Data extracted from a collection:
.....
-- ===== src/Jobs/Polling.antt =====
-- The poll loop of internal/jobs/worker.go ends at the first event that decides it.
use inferbolt.Base.{
  String, ◌≡◌, ◌≢◌, refl, none, some, List, [], ◌∷◌, ◌++◌, concat, All, arith, eq_iff,
}
use inferbolt.Base.Results.{ok, err}
use inferbolt.Jobs.Worker.{PollEvent, cancelled_context, deadline, tick, poll_for_results}

-- An event after which the loop goes on: an error of the status request, or a status that is
-- neither of the two final ones.
abbrev Undecided : PollEvent → Type 0
Undecided (cancelled_context cause) = ⊥
Undecided deadline = ⊥
Undecided (tick (err e)) = Unit
Undecided (tick (ok (status, message))) = (status ≢ "completed") × (status ≢ "failed")

poll-append :
    (id run : String) (pre rest : List PollEvent)
    → All Undecided pre
    → poll_for_results id run (pre ++ rest) ≡ poll_for_results id run rest
unfolding poll_for_results
poll-append id run [] rest u = refl
poll-append id run (cancelled_context cause ∷ pre) rest u = absurd u.0
poll-append id run (deadline ∷ pre) rest u = absurd u.0
poll-append id run (tick (err e) ∷ pre) rest u = poll-append id run pre rest u.1
poll-append id run (tick (ok (s, m)) ∷ pre) rest u =
    ground (arith, eq_iff s "completed", eq_iff s "failed", poll-append id run pre rest u.1)

-- After any number of undecided events, a status "completed" ends the loop without an error, a
-- status "failed" with the worker's message, the deadline with a timeout, and a cancelled context
-- with its cause, whatever the events behind are.
pub poll_decides :
    (id run m cause : String) (pre rest : List PollEvent)
    → All Undecided pre
    → (poll_for_results id run (pre ++ tick (ok ("completed", m)) ∷ rest) ≡ some none)
      × (poll_for_results id run (pre ++ tick (ok ("failed", m)) ∷ rest)
          ≡ some (some (concat "worker reported failure for run=" (concat run (concat ": " m)))))
      × (poll_for_results id run (pre ++ deadline ∷ rest)
          ≡ some (some (concat "poll timeout (45m) for job=" (concat id (concat " run=" run)))))
      × (poll_for_results id run (pre ++ cancelled_context cause ∷ rest) ≡ some (some cause))
unfolding poll_for_results
poll_decides id run m cause pre rest u = (
  poll-append id run pre _ u,
  poll-append id run pre _ u,
  poll-append id run pre _ u,
  poll-append id run pre _ u,
)

-- The loop polls on only while no event has decided it: with the deadline among the events, it
-- ends.
poll_goes_on :
    (id run : String) (events : List PollEvent)
    → poll_for_results id run events ≡ none
    → All Undecided events
unfolding poll_for_results
poll_goes_on id run [] h = tt
poll_goes_on id run (cancelled_context cause ∷ rest) h = cc
poll_goes_on id run (deadline ∷ rest) h = cc
poll_goes_on id run (tick (err e) ∷ rest) h = (tt, poll_goes_on id run rest h)
poll_goes_on id run (tick (ok (s, m)) ∷ rest) h = (
  ground (arith, eq_iff s "completed", eq_iff s "failed"),
  poll_goes_on id run rest (ground arith),
)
.....
◆ **WHAT YOU SHOULD DO**: Each line of the entries that contains the word "deadline" should be listed.

◆ **TASK RESULT**:
use inferbolt.Jobs.Worker.{PollEvent, cancelled_context, deadline, tick, poll_for_results}
Undecided deadline = ⊥
poll-append id run (deadline ∷ pre) rest u = absurd u.0
-- status "failed" with the worker's message, the deadline with a timeout, and a cancelled context
      × (poll_for_results id run (pre ++ deadline ∷ rest)
-- The loop polls on only while no event has decided it: with the deadline among the events, it
poll_goes_on id run (deadline ∷ rest) h = cc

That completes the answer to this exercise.